Swiss turn eagerly to renminbi
Chinese bank awaits approval to establish operations in Zurich, a world finance center
After ditching its euro cap, Switzerland courted the yuan with renewed vigor as it signed key financial deals with China on Wednesday.
Zurich received 50 billion yuan ($8 billion) as its Renminbi Qualified Foreign Institutional Investors quota, which will allow investors in Switzerland’s financial capital to invest renminbi directly into Chinese financial markets.
The countries also signed a document that will see the first branch office of a Chinese bank in a country known for its banking prowess.
The establishment of a Chinese bank, still waiting for approval from the Swiss authorities, is a prerequisite for a bilateral currency swap deal and a major step in building Zurich into an important offshore center for the renminbi.
Premier Li Keqiang and the president of the Swiss Confederation, Simonetta Sommaruga, witnessed the signing of the deals on Wednesday after the two met in Davos, where the annual meeting of the World Economic Forum is underway.
Experts said Switzerland’s decision to scrap the Swiss franc-euro cap indicates that the country is seeking alternative partners as the outlook for the euro remains bearish in light of looming quantitative easing and an expected drop in value.
Zurich’s status as an international financial center will also help to speed up the internationalization of the renminbi, the experts said.
Zurich is the latest city in Europe to compete for the RQFII program — launched by the Chinese government in 2011 — following Luxembourg, London, Frankfurt and Paris.
Last year, China’s foreign currency watchdog said at least 71 international financial institutions have taken part in the program, with a total allowance of 250.3 billion yuan.
Ding Yifan, a researcher at the State Council’s Development Research Center, said European cities are eager to become more engaged in the renminbi business because of it’s huge potential benefits.
In addition to speeding up the internationalization of the renminbi, the program will help reduce risk for Chinese businessmen if they can settle exports and imports in renminbi, instead of dollars or euros, Ding said.
The yuan appears headed for the major leagues of currency after a surge in interest. Offshore trading in yuan soared some 350 percent on Thomson Reuters trading platforms in 2014.
Dong Jinyi, former Chinese ambassador to Switzerland, said closer financial cooperation with China shows that Switzerland is optimistic about the renminbi because it is backed by the Chinese economy’s size and growth rate.
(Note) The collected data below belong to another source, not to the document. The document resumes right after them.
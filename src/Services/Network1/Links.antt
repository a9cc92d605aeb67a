-- ===== src/Services/Network1/Links.antt =====
-- What the enumeration of the links logs.
use sdbus_cpp_examples.Prelude.{
  ℕ, ◌≡◌, refl, ap, Bool, true, false, none, some, List, [], ◌∷◌, if◌then◌else◌,
}
use sdbus_cpp_examples.Prelude.Text.{Text}
use sdbus_cpp_examples.Services.Network1.{
  LinkInfo, LinkAnswer, Line, link, described, properties, log_link, log_links, enumerate_links,
  and_then,
}

-- The links that are announced in the log.
unfoldable pub linked : List Line → List LinkInfo
linked [] = []
linked (link l ∷ lines) = l ∷ linked lines
linked (described t ∷ lines) = linked lines
linked (properties t ∷ lines) = linked lines

-- The bus answers everything about a link.
abbrev pub answers : LinkAnswer → Bool
answers (some (description, some props)) = true
answers _ = false

-- The links up to the first about which the bus does not answer, that one included.
unfoldable pub up_to_failure : (LinkInfo → LinkAnswer) → List LinkInfo → List LinkInfo
up_to_failure ask [] = []
up_to_failure ask (l ∷ links) =
    let rest = up_to_failure ask links in l ∷ (if answers (ask l) then rest else [])

module _ (double_text : ℕ → Text) (summary : Text → Text) where
  log_links-linked :
      (ask : LinkInfo → LinkAnswer) (links : List LinkInfo)
      → linked (log_links double_text summary ask links) ≡ up_to_failure ask links
  unfolding linked log_links log_link up_to_failure
  log_links-linked ask [] = refl
  log_links-linked ask (l ∷ links) = round (ask l) (log_links-linked ask links)
    where
      round :
          (a : LinkAnswer)
          → linked (log_links double_text summary ask links) ≡ up_to_failure ask links
          → linked (
              and_then double_text summary
                (log_link double_text summary l a)
                (log_links double_text summary ask links))
            ≡ l ∷ (if answers a then up_to_failure ask links else [])
      round none h = refl
      round (some (description, none)) h = refl
      round (some (description, some props)) h = ap (◌∷◌ l) h

  -- All links that ListLinks gives are kept, but one about which the bus fails to answer is the last
  -- that is logged: the links after it are not.
  pub enumerate_links-linked :
      (entries : List LinkInfo) (ask : LinkInfo → LinkAnswer)
      → ((enumerate_links double_text summary (some entries) ask).0 ≡ entries)
        × (linked (enumerate_links double_text summary (some entries) ask).1
            ≡ up_to_failure ask entries)
  unfolding enumerate_links
  enumerate_links-linked entries ask = (refl, log_links-linked ask entries)
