-- ===== src/Udisks2.antt =====
-- src/udisks2: the daemon that reports removable devices (Watcher, Monitor, Size, Print) and the
-- manager of all the objects of UDisks2 (Manager).
pub mod Watcher
pub mod Monitor
pub mod Size
pub mod Print
pub mod Manager
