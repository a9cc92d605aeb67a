-- ===== src/Udisks2/Size/Trimmed.antt =====
-- What byteArrayToString leaves of an array that ends in zero bytes, as the paths of UDisks2 do.
use native.Mathlib.Decide.{dec_lt}
use sdbus_cpp_examples.Prelude.{
  ℕ, zero, suc, ◌≤◌, ◌≡◌, ◌≢◌, refl, ap, ◌∙◌, List, [], ◌∷◌, ◌++◌, length, take, get_or, replicate,
  arith, length-append,
}
use sdbus_cpp_examples.Udisks2.Size.{trimmed_end, byte_array_to_string}

abbrev pub zeros : ℕ → List ℕ
zeros n = replicate n 0

get_or-zeros : (n k : ℕ) → get_or (zeros n) k 0 ≡ 0
get_or-zeros zero k = refl
get_or-zeros (suc n) zero = refl
get_or-zeros (suc n) (suc k) = get_or-zeros n k

get_or-past : (xs : List ℕ) (n i : ℕ) → length xs ≤ i → get_or (xs ++ zeros n) i 0 ≡ 0
get_or-past [] n i h = get_or-zeros n i
get_or-past (x ∷ xs) n zero h = absurd (omega arith)
get_or-past (x ∷ xs) n (suc i) h = get_or-past xs n i (omega arith)

trimmed_end-zeros :
    (xs : List ℕ) (n i : ℕ)
    → length xs ≤ i
    → trimmed_end (xs ++ zeros n) i ≡ trimmed_end (xs ++ zeros n) (length xs)
unfolding trimmed_end
trimmed_end-zeros xs n zero h =
    let e : 0 ≡ length xs = omega arith in ap (trimmed_end (xs ++ zeros n)) e
trimmed_end-zeros xs n (suc i) h = elim (dec_lt (length xs) (suc i)) [
  | no last ↦ let e : suc i ≡ length xs = omega arith in ap (trimmed_end (xs ++ zeros n)) e
  | yes more ↦
      ground (arith, get_or-past xs n i (omega arith), trimmed_end-zeros xs n i (omega arith))
]

get_or-last : (xs ys : List ℕ) (c : ℕ) → get_or ((xs ++ c ∷ []) ++ ys) (length xs) 0 ≡ c
get_or-last [] ys c = refl
get_or-last (x ∷ xs) ys c = get_or-last xs ys c

trimmed_end-last :
    (xs ys : List ℕ) (c n : ℕ)
    → c ≢ 0
    → n ≡ suc (length xs)
    → trimmed_end ((xs ++ c ∷ []) ++ ys) n ≡ n
unfolding trimmed_end
trimmed_end-last xs ys c zero h e = refl
trimmed_end-last xs ys c (suc n) h e =
    let same : n ≡ length xs = omega arith in
    ground (arith, get_or-last xs ys c, ap (λ k. get_or ((xs ++ c ∷ []) ++ ys) k 0) same)

take_all : (xs ys : List ℕ) → take (length xs) (xs ++ ys) ≡ xs
take_all [] ys = refl
take_all (x ∷ xs) ys = ap (◌∷◌ x) (take_all xs ys)

-- An array whose last byte other than 0 is `c` is the text up to and with `c`, however many zero bytes
-- follow, and an array of zero bytes is the empty text.
pub byte_array_to_string-zeros :
    (xs : List ℕ) (c n : ℕ)
    → c ≢ 0
    → (byte_array_to_string ((xs ++ c ∷ []) ++ zeros n) ≡ xs ++ c ∷ [])
      × (byte_array_to_string (zeros n) ≡ [])
unfolding byte_array_to_string trimmed_end
byte_array_to_string-zeros xs c n h =
    let all = length-append (xs ++ c ∷ []) (zeros n) in
    let kept = length-append xs (c ∷ []) in
    (
      ap (λ k. take k ((xs ++ c ∷ []) ++ zeros n))
            (trimmed_end-zeros (xs ++ c ∷ []) n _ (omega arith)
              ∙ trimmed_end-last xs (zeros n) c _ h (omega arith))
          ∙ take_all (xs ++ c ∷ []) (zeros n),
      ap (λ k. take k (zeros n)) (trimmed_end-zeros [] n _ (omega arith)),
    )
Data released on Tuesday by the government showed that China’s economy grew by 7.4 percent in 2014, its slowest pace in 24 years. But GDP exceeded $10 trillion for the first time last year and the growth rate is in line with market expectations.
Cooperation will also boost trade and investment between China and Europe, Dong said.
Switzerland is China’s fifth-largest trading partner in Europe. Both countries’ trade volume reached $59.5 billion in 2013, up by 126 percent, according to Chinese customs reports.